Tally up the lines in the material where the word "GovernedPath" appears, then give the total and nothing else.

» **TASK INPUT**:
►

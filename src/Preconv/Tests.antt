-- ===== src/Preconv/Tests.antt =====
-- Runs of the code of preconv.c and of the character loop of read.c, and the theorems at concrete
-- inputs.
use mandoc_mirror.Prelude.{
  ◌≡◌, refl, true, false, some, [], ◌∷◌, arith, codes, has_prefix, has_prefix_nocase,
}
use mandoc_mirror.Preconv.{
  FileEnc, encoded, overread, unicode_escape, undecided, encode, encode_latin, header_bits,
  bad_second, continuation, sequence_length, encode_if, line, read_byte, read_line, cue,
}
use mandoc_mirror.Preconv.Utf8.{utf8, lead_byte, tail_bytes, encode-utf8}
use mandoc_mirror.Preconv.Sound.{Explains, encode-Explains, encode-overread}
use mandoc_mirror.Preconv.Line.{IsCleanLine, read_line-IsClean}

abbrev only_utf8 : FileEnc
only_utf8 = record { utf8 = true; latin1 = false }

euro :
    encode undecided 0xE2 (0x82 ∷ 0xAC ∷ b'x' ∷ [])
    ≡ encoded (codes "\\[u20AC]") (b'x' ∷ []) only_utf8
unfolding encode encode_latin header_bits bad_second continuation sequence_length unicode_escape
euro = refl

a_line :
    read_line 9 true undecided [] (b'a' ∷ 0xE9 ∷ b'b' ∷ 7 ∷ b'\r' ∷ b'\n' ∷ b'c' ∷ [])
    ≡ line (codes "a\\[u00E9]b?") (b'c' ∷ []) (record { utf8 = false; latin1 = true })
unfolding read_line read_byte encode_if encode encode_latin header_bits bad_second continuation
    sequence_length unicode_escape
a_line = refl

a_cue : cue (codes ".\\\" -*- mode: nroff; coding: utf-8 -*-\n") ≡ some only_utf8
unfolding cue has_prefix has_prefix_nocase
a_cue = refl

encode-utf8_example :
    (utf8 0x20AC ≡ lead_byte 0x20AC ∷ tail_bytes 0x20AC)
    × (encode undecided 0xE2 (0x82 ∷ 0xAC ∷ b'x' ∷ [])
        ≡ encoded (unicode_escape 0x20AC) (b'x' ∷ []) only_utf8)
encode-utf8_example = encode-utf8 undecided 0x20AC (b'x' ∷ []) refl (omega arith)

encode-Explains_example :
    Explains undecided 0xE2 (0x82 ∷ 0xAC ∷ []) (encode undecided 0xE2 (0x82 ∷ 0xAC ∷ []))
encode-Explains_example =
    encode-Explains undecided 0xE2 (0x82 ∷ 0xAC ∷ []) (omega arith) (omega arith) (omega arith)

encode-overread_example : encode undecided 0xE2 [] ≡ overread
encode-overread_example = encode-overread undecided 0xE2 refl (omega arith) (omega arith)

read_line-IsClean_example :
    IsCleanLine (0xE2 ∷ 0x82 ∷ 7 ∷ []) (read_line 4 true undecided [] (0xE2 ∷ 0x82 ∷ 7 ∷ []))
read_line-IsClean_example =
    read_line-IsClean 4 true undecided [] (0xE2 ∷ 0x82 ∷ 7 ∷ []) (omega arith) tt
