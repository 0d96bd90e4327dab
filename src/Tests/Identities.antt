-- ===== src/Tests/Identities.antt =====
-- The theorems on asset identity, alone and with the policy evaluation, at an inventory of two assets.
use ot_soc_fusion_x.Base.{◌≡◌, refl, String, true, none, some, List, [], ◌∷◌, ok, err}
use ot_soc_fusion_x.Context.Model as C
use ot_soc_fusion_x.Context.Model.{
  AssetDefinition, IdentityClaim, AssetContextEvent, PolicyEvaluationResult, PolicyStatus,
  GovernedPath,
}
use ot_soc_fusion_x.Context.Identity.{LoadedInventory, identified, resolve_identity, resolve_known}
use ot_soc_fusion_x.Context.Identity.Resolution.{
  IsResolution, IsAgreed, resolve_identity-IsResolution,
}
use ot_soc_fusion_x.Context.Policy.{
  evaluate_policy, evaluate_path, evaluate_rule, path_between, matching_rule, applies,
  is_forbidden_write, result, unknown_dimensions,
}
use ot_soc_fusion_x.Context.Policy.Identified.{approved-IsAgreed}
use ot_soc_fusion_x.Tests.Samples
use ot_soc_fusion_x.Tests.Authorization

abbrev asset : String → AssetDefinition
asset key = record {
  asset_key = key;
  display_name = key;
  asset_kind = C.cyber;
  asset_type = C.ot_controller;
  asset_role = C.control_execution;
  zone_id = C.ot_control_zone;
  criticality = C.high;
  process_role = none;
  protocol_capabilities = [];
  enabled = true;
  identifiers = record { identifier_type = C.logical_id; value = key } ∷ [];
}

abbrev inventory : LoadedInventory
inventory = record { assets = asset "HMI-01" ∷ asset "PLC-01" ∷ []; sha256 = "22" }

abbrev claim : String → IdentityClaim
claim value = record { identifier_type = C.logical_id; value = value }

abbrev sources : List IdentityClaim
sources = claim "HMI-01" ∷ claim "HMI-01" ∷ []

abbrev destinations : List IdentityClaim
destinations = claim "PLC-01" ∷ []

-- One claim is known and one is not.
conflict_status :
    (resolve_identity Samples.platform (claim "HMI-01" ∷ claim "PLC-02" ∷ []) inventory).status
    ≡ C.conflict
unfolding resolve_identity resolve_known identified
conflict_status = refl

resolve_identity-IsResolution_example :
    IsResolution Samples.platform inventory sources
      (resolve_identity Samples.platform sources inventory)
resolve_identity-IsResolution_example =
    resolve_identity-IsResolution Samples.platform inventory sources

abbrev context : AssetContextEvent
context = record Authorization.context {
  source_resolution = resolve_identity Samples.platform sources inventory;
  destination_resolution = resolve_identity Samples.platform destinations inventory;
}

abbrev evaluated : PolicyEvaluationResult
evaluated =
    elim (evaluate_policy Authorization.auth context
      (Authorization.policy Authorization.approving)) [
        | ok r ↦ r
        | err e ↦ result unknown_dimensions C.PolicyStatus.unknown C.source_unknown none none
      ]

evaluated_run :
    evaluate_policy Authorization.auth context (Authorization.policy Authorization.approving)
    ≡ ok evaluated
unfolding evaluate_policy evaluate_path evaluate_rule path_between matching_rule applies
    is_forbidden_write result resolve_identity resolve_known identified
evaluated_run = refl

evaluated_status : evaluated.policy_status ≡ PolicyStatus.approved
unfolding evaluate_policy evaluate_path evaluate_rule path_between matching_rule applies
    is_forbidden_write result resolve_identity resolve_known identified
evaluated_status = refl

approved-IsAgreed_example :
    (path : GovernedPath) × (path_between context.source_resolution context.destination_resolution
        (Authorization.policy Authorization.approving)
      ≡ some path)
    × IsAgreed inventory sources path.source_asset_key
    × IsAgreed inventory destinations path.destination_asset_key
approved-IsAgreed_example =
    approved-IsAgreed Samples.platform inventory sources destinations Authorization.auth context
      (Authorization.policy Authorization.approving) evaluated refl refl evaluated_run
      evaluated_status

◄

» **SOLUTION FOR THIS TASK**:
2